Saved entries
**********

-- ===== src/Tree/Inode.antt =====
-- An inode of a tree is taken or given back, as in a1fs_mkdir and a1fs_rmdir of a1b/a1fs.c.
use extent_based_fs.Base.{
  ℕ, suc, ◌<◌, ◌≡◌, ◌≢◌, refl, ◌∙◌, true, false, List, [], ◌∷◌, none, arith, ne→==, eq→==,
}
use extent_based_fs.Base.Int.{pos, minus_one, ◌+ℤ◌, ◌-ℤ◌}
use extent_based_fs.Types.{FsCtx, update}
use extent_based_fs.Bitmap.{check_bit_usage, flip_bit}
use extent_based_fs.Bitmap.Toggle.{check-flip_bit, flip_bit-IsBytes}
use extent_based_fs.Bitmap.Count.{count_clear, count_clear-sets, count_clear-clears}
use extent_based_fs.Ops.Make.{made}
use extent_based_fs.Ops.Remove.{released}
use extent_based_fs.Tree.{Node, vacant, bare, blank, Nodes}
use extent_based_fs.Tree.Links.{child}
use extent_based_fs.Tree.Shape.{Stands, HasNodes, HasInodes, LacksAll}
use extent_based_fs.Tree.Frames.{AllSame-refl}
use extent_based_fs.Tree.Walk.{used_below, Stands-used}
use extent_based_fs.Tree.Change.{HasNodes-Becomes}

-- What a fresh inode stands for.
pub record IsFresh (v : Node) : Type 0 where
  pub stands : v ≢ vacant
  pub empty : (name : List ℕ) → child v name ≡ none
  pub made_so :
      (t : FsCtx) (j : ℕ)
      → check_bit_usage t.inode_bits j ≡ true
      → (t.itable j).last_used_extent ≡ minus_one
      → (t.itable j).num_entries ≡ 0
      → (t.itable j).size ≡ 0
      → Stands t [] j v

pub bare-IsFresh : IsFresh bare
unfolding child
bare-IsFresh = record {
  stands = λ e. cc;
  empty = λ name. refl;
  made_so = λ t j bit last num size. (bit, refl, last, num);
}

pub blank-IsFresh : IsFresh blank
unfolding child
blank-IsFresh = record {
  stands = λ e. cc;
  empty = λ name. refl;
  made_so = λ t j bit last num size. (bit, refl, last, size);
}

pub LacksAll-nil : (es : List ℕ) → LacksAll es []
LacksAll-nil [] = tt
LacksAll-nil (a ∷ es) = (tt, LacksAll-nil es)

module _ {s : FsCtx} {total : ℕ} {T : Nodes} {spare : ℕ} (has : HasNodes s total T spare)
    (ino : ℕ) where
  HasInodes-taken :
      (mode : ℕ)
      → ino < total
      → check_bit_usage s.inode_bits ino ≡ false
      → HasInodes (made s ino mode) total
  HasInodes-taken mode below clear = record {
    inodes = has.counts.inodes;
    in_table = has.counts.in_table;
    small = has.counts.small;
    bytes = flip_bit-IsBytes ino has.counts.bytes;
    free_inodes =
        rw (has.counts.free_inodes, count_clear-sets ino has.counts.bytes total below clear)
          (one_less (count_clear (flip_bit s.inode_bits ino) total));
  }
    where
      one_less : (n : ℕ) → pos (suc n) -ℤ pos 1 ≡ pos n
      one_less n = unfold ◌-ℤ◌ in ground arith

  HasInodes-released :
      ino < total → check_bit_usage s.inode_bits ino ≡ true → HasInodes (released s ino) total
  HasInodes-released below set = record {
    inodes = has.counts.inodes;
    in_table = has.counts.in_table;
    small = has.counts.small;
    bytes = flip_bit-IsBytes ino has.counts.bytes;
    free_inodes =
        rw (has.counts.free_inodes, count_clear-clears ino has.counts.bytes total below set)
          (one_more (count_clear s.inode_bits total));
  }
    where
      one_more : (n : ℕ) → pos n +ℤ pos 1 ≡ pos (suc n)
      one_more n = unfold ◌+ℤ◌ in ground arith

  pub HasNodes-made :
      (mode : ℕ) (v : Node)
      → T ino ≡ vacant
      → ino < total
      → IsFresh v
      → HasNodes (made s ino mode) total (update T ino v) spare
  HasNodes-made mode v was below fresh =
      let clear : check_bit_usage s.inode_bits ino ≡ false = (rw was at (has.stands ino below)).0 in
      HasNodes-Becomes has (record {
        below = below;
        counts = HasInodes-taken mode below clear;
        blocks = record {
          first = has.blocks.first;
          bytes = has.blocks.bytes;
          limit = has.blocks.limit;
          below = has.blocks.below;
          inside = has.blocks.inside;
          whole = has.blocks.whole;
          spare_blocks = has.blocks.spare_blocks;
          free_blocks = has.blocks.free_blocks;
          counted = has.blocks.counted;
          enough = has.blocks.enough;
          clean = has.blocks.clean;
        };
        stands =
            fresh.made_so (made s ino mode) ino
              (check-flip_bit ino ino has.counts.bytes ∙ rw (eq→== ino ino refl, clear) refl)
              (rw (eq→== ino ino refl) refl) (rw (eq→== ino ino refl) refl)
              (rw (eq→== ino ino refl) refl);
        others = λ j ne. record {
          size = refl;
          region = refl;
          table = refl;
          inode = rw (ne→== j ino ne) refl;
          bit = check-flip_bit ino j has.counts.bytes ∙ rw (ne→== j ino ne) refl;
          image = AllSame-refl s.image (has.places j);
        };
        apart = λ j ne. (tt, LacksAll-nil (has.places j));
        in_use = tt;
        others_in_use = λ j ne. has.in_use j;
        size = refl;
        slots = tt;
        data_start = refl;
        region = tt;
      })

  pub HasNodes-released :
      T ino ≢ vacant → HasNodes (released s ino) total (update T ino vacant) spare
  HasNodes-released was =
      let below = used_below has ino was in
      let set = Stands-used s (has.places ino) ino (T ino) was (has.stands ino below) in
      HasNodes-Becomes has (record {
        below = below;
        counts = HasInodes-released below set;
        blocks = record {
          first = has.blocks.first;
          bytes = has.blocks.bytes;
          limit = has.blocks.limit;
          below = has.blocks.below;
          inside = has.blocks.inside;
          whole = has.blocks.whole;
          spare_blocks = has.blocks.spare_blocks;
          free_blocks = has.blocks.free_blocks;
          counted = has.blocks.counted;
          enough = has.blocks.enough;
          clean = has.blocks.clean;
        };
        stands =
            (check-flip_bit ino ino has.counts.bytes ∙ rw (eq→== ino ino refl, set) refl, refl);
        others = λ j ne. record {
          size = refl;
          region = refl;
          table = refl;
          inode = rw (ne→== j ino ne) refl;
          bit = check-flip_bit ino j has.counts.bytes ∙ rw (ne→== j ino ne) refl;
          image = AllSame-refl s.image (has.places j);
        };
        apart = λ j ne. (tt, LacksAll-nil (has.places j));
        in_use = tt;
        others_in_use = λ j ne. has.in_use j;
        size = refl;
        slots = tt;
        data_start = refl;
        region = tt;
      })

**********

(Exercise details): At the line containing "set) refl, refl);", start copying. Continue exactly through the final line of the entries above and stop there.

(Task answer):
            (check-flip_bit ino ino has.counts.bytes ∙ rw (eq→== ino ino refl, set) refl, refl);
        others = λ j ne. record {
          size = refl;
          region = refl;
          table = refl;
          inode = rw (ne→== j ino ne) refl;
          bit = check-flip_bit ino j has.counts.bytes ∙ rw (ne→== j ino ne) refl;
          image = AllSame-refl s.image (has.places j);
        };
        apart = λ j ne. (tt, LacksAll-nil (has.places j));
        in_use = tt;
        others_in_use = λ j ne. has.in_use j;
        size = refl;
        slots = tt;
        data_start = refl;
        region = tt;
      })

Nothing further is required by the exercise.